File size: 10,561 Bytes

7daf628

import os
import csv
import argparse
import multiprocessing as mp
from pathlib import Path
from typing import List, Dict
from functools import partial
import webdataset as wds
import torch
import numpy as np
from tqdm import tqdm
from decord import VideoReader


def parse_args():
    parser = argparse.ArgumentParser(description="Convert CSV file to WebDataset format with video data")
    parser.add_argument("--csv_path", type=str, required=True, help="Path to the CSV file")
    parser.add_argument("--output_dir", type=str, required=True, help="Output directory for WebDataset shards")
    parser.add_argument("--num_shards", type=int, default=128, help="Number of shards to create")
    parser.add_argument("--samples_per_shard", type=int, default=None, 
                        help="Max samples per shard (overrides num_shards if specified)")
    parser.add_argument("--worker_count", type=int, default=mp.cpu_count(), 
                        help="Number of worker processes")
    parser.add_argument("--shard_prefix", type=str, default="shard", 
                        help="Prefix for shard filenames")
    parser.add_argument("--video_extension", type=str, default=".webm", 
                        help="Extension of video files (default: .webm)")
    parser.add_argument("--debug", action="store_true", 
                        help="Debug mode: create a shard_debug.tar file with max 1000 videos")
    parser.add_argument("--si", type=int, default=0, help="Start index")
    parser.add_argument("--ei", type=int, default=None, help="End index")
    return parser.parse_args()


def read_csv_data(csv_path: str, debug: bool = False) -> List[Dict]:
    """Read the CSV file and return a list of samples."""
    samples = []
    with open(csv_path, 'r') as f:
        reader = csv.DictReader(f)
        for i, row in enumerate(reader):
            samples.append(row)
            # In debug mode, limit to 1000 samples
            if debug and i >= 999:
                break
    
    # Select start and end index if specified
    si = args.si
    ei = args.ei if args.ei is not None else len(samples)
    print("Selected samples from index", si, "to", ei)
    samples = samples[si:ei]

    return samples


def distribute_samples(samples: List[Dict], num_shards: int) -> List[List[Dict]]:
    """Distribute samples across shards."""
    samples_per_shard = len(samples) // num_shards
    remainder = len(samples) % num_shards
    
    distributed_samples = []
    start_idx = 0
    
    for i in range(num_shards):
        # Add one extra sample for the first 'remainder' shards
        shard_size = samples_per_shard + (1 if i < remainder else 0)
        end_idx = start_idx + shard_size
        
        distributed_samples.append(samples[start_idx:end_idx])
        start_idx = end_idx
    
    return distributed_samples


def process_shard(shard_samples: List[Dict], shard_path: str, video_extension: str = ".webm"):
    """Process and write a single shard with actual video data."""
    with wds.TarWriter(shard_path) as sink:
        for sample in tqdm(shard_samples, desc=f"Processing {shard_path}"):
            video_path = sample['video_path']

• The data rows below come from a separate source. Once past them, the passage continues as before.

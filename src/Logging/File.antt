-- ===== src/Logging/File.antt =====
-- logging.cpp: `setFileName`, `RotateFile` and the whole of `record`. The file system's answers are
-- arguments; `none` is a call of `open` that failed, and the descriptor -1 no file.
use tcp_net_library.Base.{
  ℕ, ◌+◌, ◌-◌, ◌/◌, Bool, true, false, List, [], ◌∷◌, ◌++◌, Option, none, some, ◌==◌, if◌then◌else◌,
  ℤ, pos, negsuc, Result, ok, fault, divide_by_zero, ◌>>=◌, decimal, padded, snprintf,
}
use tcp_net_library.Http.Text.{codes}
use tcp_net_library.Time.{Tm}
use tcp_net_library.Logging.{Logger, LogLevel, concat, header, record_line, is_logged}

pub data FileCall : Type 0 where
  renames : List ℕ → List ℕ → FileCall
  opens : List ℕ → FileCall
  duplicates : ℤ → ℤ → FileCall
  closes : ℤ → FileCall
  writes : ℤ → List ℕ → FileCall

-- `timezone`, in seconds west of Greenwich, subtracted; no time is less than a zone's seconds.
abbrev pub local_time : ℕ → ℤ → ℕ
local_time time (pos west) = time - west
local_time time (negsuc east) = time + (east + 1)

-- `(time - timezone) / rotateInterval_`
abbrev pub period : ℕ → ℤ → ℕ → Result ℕ
period time zone interval =
    if interval == 0 then fault divide_by_zero else ok (local_time time zone / interval)

abbrev pub is_empty : List ℕ → Bool
is_empty [] = true
is_empty (x ∷ xs) = false

-- `"%s.%d%02d%02d%02d%02d"`, into 1024 bytes.
abbrev pub rotated_name : List ℕ → Tm → List ℕ
rotated_name file t = snprintf 1024 (
    concat (
      file
      ∷ codes "."
      ∷ decimal t.year
      ∷ padded 48 2 t.mon
      ∷ padded 48 2 t.mday
      ∷ padded 48 2 t.hour
      ∷ padded 48 2 t.min
      ∷ []))

abbrev pub reopened : Logger → Option ℕ → List FileCall
reopened w none = []
reopened w (some fd) = duplicates (pos fd) w.fd ∷ closes (pos fd) ∷ []

abbrev pub moved : Logger → Tm → Bool → Option ℕ → List FileCall
moved w t renamed opened =
    renames w.file_name (rotated_name w.file_name t)
    ∷ (if renamed then opens w.file_name ∷ reopened w opened else [])

-- `RotateFile` at `time`, which is `t` here; `renamed` says if `rename` succeeds.
unfoldable pub rotate_file : Logger → ℕ → ℤ → Tm → Bool → Option ℕ → Result (Logger × List FileCall)
rotate_file w time zone t renamed opened =
    if is_empty w.file_name
    then ok (w, [])
    else (period time zone w.rotate_interval >>= λ present.
        period w.last_rotate zone w.rotate_interval >>= λ past.
        if present == past
        then ok (w, [])
        else ok (record w { last_rotate = time }, moved w t renamed opened))

abbrev pub descriptor_of : Option ℕ → ℤ
descriptor_of none = negsuc 0
descriptor_of (some fd) = pos fd

-- The file that is open before the call keeps its descriptor.
abbrev pub take_file : Logger → ℤ → ℤ → Logger × List FileCall
take_file w fd (negsuc n) = (record w { fd = fd }, [])
take_file w fd (pos old) = (w, duplicates fd (pos old) ∷ closes fd ∷ [])

unfoldable pub set_file_name : Logger → List ℕ → Option ℕ → Logger × List FileCall
set_file_name w file_name opened =
    let w' = record w { file_name = if is_empty file_name then w.file_name else file_name } in
    let r = take_file w' (descriptor_of opened) w.fd in (r.0, opens w'.file_name ∷ r.1)

-- The descriptor that lines go to: 1 where no file is set.
abbrev pub target : ℤ → ℤ
target (negsuc n) = pos 1
target (pos fd) = pos fd

-- What `record` is told: the clock, the zone, the thread and what the file system answers.
pub record Moment : Type 0 where
  pub time : ℕ
  pub zone : ℤ
  pub date : Tm
  pub usec : ℕ
  pub tid : ℕ
  pub renamed : Bool
  pub opened : Option ℕ
  pub stale : List ℕ

unfoldable pub log_record :
    Logger → Moment → LogLevel → List ℕ → ℕ → List ℕ → Result (Logger × List FileCall)
log_record w m level file line message =
    rotate_file w m.time m.zone m.date m.renamed m.opened >>= λ r.
    record_line m.stale (header m.date m.usec m.tid level file line) message >>= λ out.
    ok (r.0, r.1 ++ writes (target r.0.fd) out ∷ [])

-- The macro `hlog`.
unfoldable pub hlog :
    Logger → Moment → LogLevel → List ℕ → ℕ → List ℕ → Result (Logger × List FileCall)
hlog w m level file line message =
    if is_logged w level then log_record w m level file line message else ok (w, [])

            vr = VideoReader(video_path, num_threads=1)
            n_frames = len(vr)
            fps = vr.get_avg_fps()
            H, W, _ = vr[0].shape
            
            try:
                # Read video file as binary data
                with open(video_path, 'rb') as f:
                    video_data = f.read()
                
                # Get filename without path for the key
                filename = Path(video_path).stem

                # Create sample with the actual video data
                sample_dict = {
                    "__key__": filename,
                    "video": video_data,  # Actual video binary data
                    "video.extension": video_extension.lstrip('.'),  # Store extension without dot
                    "target": str(sample['target']), # Target/label
                    # "split": str(sample['split']),  # Train/val/test split
                    "json": dict(n_frames=n_frames, fps=fps, H=H, W=W),  # Additional metadata
                }
                
                sink.write(sample_dict)
            except Exception as e:
                print(f"Error processing {video_path}: {str(e)}")


import io
import torchvision

def encode_tensor(tensor):
    """
    Convert tensor to bytes in memory.
    """
    # Convert the tensor to bytes in memory
    with io.BytesIO() as buf:
        if isinstance(tensor, torch.Tensor):
            torch.save(tensor, buf)  # Save tensor to the buffer
        return buf.getvalue()  # Return the byte data


def process_shard_tensor(shard_samples: List[Dict], shard_path: str, video_extension: str = ".webm"):
    """Process and write a single shard with actual video data (actual tensor)."""
    with wds.TarWriter(shard_path) as sink:
        for sample in tqdm(shard_samples, desc=f"Processing {shard_path}"):
            video_path = sample['video_path']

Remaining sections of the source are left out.